Southern Studies professor insists there is no one Southern identity

David Davis

David Davis does not think the term ‘Southern’ is a concrete concept.

The Mercer University Southern Studies professor grew up in a town where people boasted their Southern identity, their belonging to the traditional Southern ideal. But for Davis, Southern wasn’t that simple.

Davis’ experiences in England, when he studied abroad during college, prompted his interest in the Southern culture.

“People in the pubs would hear my accent and ask me questions about the South. Usually stupid questions like ‘Oh, so you wear shoes?’ ” David said. “So I found myself explaining the South to the Brits and I noticed many things I found fascinating about literature that really resonated in the South.”

Davis grew up in the small town of Butler, Georgia and had no desire to identify with the South.

“As a kid, what I wanted more than anything was to get the ‘F’ out,” Davis said.

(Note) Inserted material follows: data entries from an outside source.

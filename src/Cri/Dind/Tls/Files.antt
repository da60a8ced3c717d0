-- ===== src/Cri/Dind/Tls/Files.antt =====
-- What a file of the archive does to the certificates, keys and authorities to come
-- (`tlsConfigFromTar`, internal/cri/dind.go).
use taskcluster_multistage_d.Common.{
  ◌≡◌, refl, sym, subst, ap, ◌∙◌, Bool, true, false, ℕ, Option, none, some, List, [], ◌∷◌, ◌++◌,
  append_assoc, append-nil, String, str_eq, str_eq_iff, Bool-cases, inl, inr,
}
use taskcluster_multistage_d.Worker.Calls.{Result, ok, err}
use taskcluster_multistage_d.Cri.Dind.Tls.{
  TlsConfig, Loading, Loaded, add_pair, pair_up, go_on, load_file,
}
use taskcluster_multistage_d.Cri.Dind.Tls.Contents.{
  cert_file, key_file, ca_file, add_content, AtMostOne, to_list, Waits, one_pair, grow, pairs_of,
}

module _ {Pair : Type 0} (x509_key_pair : List ℕ → List ℕ → Result Pair) where
  -- What the rest of the loop makes of the certificates, keys and authorities still to come.
  abbrev pub Expects :
      (Loading Pair → Loaded Pair) → List (List ℕ) → List (List ℕ) → List (List ℕ) → Type 0
  Expects next certs keys cas =
      (cert key : Option (List ℕ)) (config : TlsConfig Pair) (log : List String)
      → Waits cert key
      → AtMostOne (to_list cert ++ certs)
      → AtMostOne (to_list key ++ keys)
      → (next (record { cert = cert; key = key; config = config; log = log })).result
        ≡ grow config cas (pairs_of x509_key_pair (to_list cert ++ certs) (to_list key ++ keys))

  module _ (next : Loading Pair → Loaded Pair) where
    -- A pair is complete: nothing more of the two kinds is to come.
    Expects-add_pair :
        (cas : List (List ℕ)) (l : Loading Pair) (log : List String) (r : Result Pair)
        → Expects next [] [] cas
        → (go_on x509_key_pair next log (add_pair x509_key_pair l r)).result
          ≡ grow l.config cas (one_pair r)
    Expects-add_pair cas l log (err e) rest = refl
    Expects-add_pair cas l log (ok pair) rest =
        rest none none _ l.log tt tt tt
        ∙ ap (λ t. ok (record { root_cas = l.config.root_cas ++ cas; certificates = t }))
            (append-nil (l.config.certificates ++ pair ∷ []))

    Expects-pair :
        (certs keys cas : List (List ℕ)) (cert key : List ℕ) (l : Loading Pair) (log : List String)
        → Expects next certs keys cas
        → AtMostOne (cert ∷ certs)
        → AtMostOne (key ∷ keys)
        → (go_on x509_key_pair next log (add_pair x509_key_pair l (x509_key_pair cert key))).result
          ≡ grow l.config cas (pairs_of x509_key_pair (cert ∷ certs) (key ∷ keys))
    Expects-pair [] [] cas cert key l log rest a b =
        Expects-add_pair cas l log (x509_key_pair cert key) rest
    Expects-pair (c ∷ certs) keys cas cert key l log rest a b = absurd a
    Expects-pair [] (k ∷ keys) cas cert key l log rest a b = absurd b

    -- A file of another name leaves the certificate and the key as they are.
    go_on-pair_up :
        (cert key : Option (List ℕ)) (l : Loading Pair) (log : List String)
        → Waits cert key
        → go_on x509_key_pair next log (pair_up x509_key_pair cert key l) ≡ next l
    go_on-pair_up none key l log w = refl
    go_on-pair_up (some cert) none l log w = refl
    go_on-pair_up (some cert) (some key) l log w = absurd w

    module _ (certs keys cas : List (List ℕ)) (rest : Expects next certs keys cas)
        (content : List ℕ) where
      Expects-cert :
          Expects
            (λ l. load_file x509_key_pair next l cert_file (ok content))
            (content ∷ certs)
            keys
            cas
      Expects-cert none none config log w a b = rest (some content) none config log tt a b
      Expects-cert none (some k) config log w a b =
          Expects-pair certs keys cas content k
            (record { cert = none; key = none; config = config; log = log }) log rest a b
      Expects-cert (some c) key config log w a b = absurd a

      Expects-key :
          Expects
            (λ l. load_file x509_key_pair next l key_file (ok content))
            certs
            (content ∷ keys)
            cas
      Expects-key none none config log w a b = rest none (some content) config log tt a b
      Expects-key (some c) none config log w a b =
          Expects-pair certs keys cas c content
            (record { cert = none; key = none; config = config; log = log }) log rest a b
      Expects-key cert (some k) config log w a b = absurd b

      grow-ca :
          (config : TlsConfig Pair) (pairs : Result (List Pair))
          → grow (record config { root_cas = config.root_cas ++ content ∷ [] }) cas pairs
            ≡ grow config (content ∷ cas) pairs
      grow-ca config (err e) = refl
      grow-ca config (ok pairs) =
          ap (λ t. ok (record { root_cas = t; certificates = config.certificates ++ pairs }))
            (append_assoc config.root_cas (content ∷ []) cas)

      Expects-ca :
          Expects
            (λ l. load_file x509_key_pair next l ca_file (ok content))
            certs
            keys
            (content ∷ cas)
      Expects-ca cert key config log w a b =
          ap (λ o. o.result) (go_on-pair_up cert key _ log w)
          ∙ rest cert key _ log w a b
          ∙ grow-ca config (pairs_of x509_key_pair (to_list cert ++ certs) (to_list key ++ keys))

      Expects-other :
          (name : String)
          → str_eq name cert_file ≡ false
          → str_eq name key_file ≡ false
          → str_eq name ca_file ≡ false
          → Expects (λ l. load_file x509_key_pair next l name (ok content)) certs keys cas
      Expects-other name not_cert not_key not_ca cert key config log w a b = rw not_cert (
          rw not_key (
            rw not_ca (elim (Bool-cases (str_eq name "client/openssl.cnf")) [
              | inl e ↦ rw e (same log)
              | inr n ↦ rw n (elim (Bool-cases (str_eq name "client/csr.pem")) [
                | inl e ↦ rw e (same log)
                | inr m ↦ rw m (same (log ++ name ∷ []))
              ])
            ])))
        where
          same :
              (log' : List String)
              → (go_on x509_key_pair next log' (
                  pair_up x509_key_pair cert key
                    (record { cert = cert; key = key; config = config; log = log' }))).result
                ≡ grow config cas
                    (pairs_of x509_key_pair (to_list cert ++ certs) (to_list key ++ keys))
          same log' =
              ap (λ o. o.result) (go_on-pair_up cert key _ log' w) ∙ rest cert key config log' w a b

      -- A regular file.
      abbrev pub reads : String → Loading Pair → Loaded Pair
      reads name l = load_file x509_key_pair next l name (ok content)

      abbrev pub with_name : String → String → List (List ℕ) → List (List ℕ)
      with_name name wanted xs = add_content false (str_eq name wanted) (ok content) xs

      abbrev pub At : String → Type 0
      At name =
          Expects (reads name) (with_name name cert_file certs) (with_name name key_file keys)
            (with_name name ca_file cas)

      Expects-none :
          (is_cert is_key is_ca : Bool) (r : Loading Pair → Loaded Pair)
          → is_cert ≡ false
          → is_key ≡ false
          → is_ca ≡ false
          → Expects r certs keys cas
          → Expects r
              (add_content false is_cert (ok content) certs)
              (add_content false is_key (ok content) keys)
              (add_content false is_ca (ok content) cas)
      Expects-none true is_key is_ca r h k a e = absurd (cc)
      Expects-none false true is_ca r h k a e = absurd (cc)
      Expects-none false false true r h k a e = absurd (cc)
      Expects-none false false false r h k a e = e

      pub Expects-file : (name : String) → At name
      Expects-file name = elim (Bool-cases (str_eq name cert_file)) [
        | inl e ↦ subst At (sym (str_eq_iff name cert_file e)) Expects-cert
        | inr not_cert ↦ elim (Bool-cases (str_eq name key_file)) [
          | inl e ↦ subst At (sym (str_eq_iff name key_file e)) Expects-key
          | inr not_key ↦ elim (Bool-cases (str_eq name ca_file)) [
            | inl e ↦ subst At (sym (str_eq_iff name ca_file e)) Expects-ca
            | inr not_ca ↦
                Expects-none _ _ _ (reads name) not_cert not_key not_ca
                  (Expects-other name not_cert not_key not_ca)
          ]
        ]
      ]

Davis saw college as his way out. So he did what he could in school — he studied and played football, winning scholarships for both academics and athletics that led to him attending Emory University for free.

“I went to Emory to do what people who attend Emory do,” Davis said. “You go to Emory to be either a doctor or a lawyer. And I’m not very good at math so I went to Emory to be a lawyer.”

An inspirational English professor, however, changed Davis’ mind.

“He encouraged me, he took my ideas seriously, and he made me think that I might actually want to study literature,” Davis said. “He encouraged me to study abroad in England and I took that opportunity.”

While in England, Davis found himself becoming interested in the place that he had tried so hard to leave.

Through his experience, Davis discovered that he had strong opinions about the South and that he wanted to talk about it. He decided that he wanted to attend graduate school to study Southern Literature.

“I set out on a pretty intentional path once I decided this is what I wanted to do,” Davis said.

Davis said there are different types of South that people identify themselves with, including the “poverty South, the “racist South,” the “conservative South,” and the “alternative South.” That part of the southern ideal, he said, is self-identification, and that when someone identifies themselves as Southern they choose to associate themselves with the positive elements of the South.

Davis, who has lived in either Georgia or North Carolina his whole life, said that from a perspective of strict geography he fits the criteria of a Southerner. However, as a person who is studied in Southern culture, he also analyzes and critiques the South.

“There are certain … preconceptions about the South, that irritate me, that I prefer not to identify with. But that is what [Georgia-based singer-songwriter] Patterson Hood calls the ‘Duality of the Southern Thing,’ ” Davis said.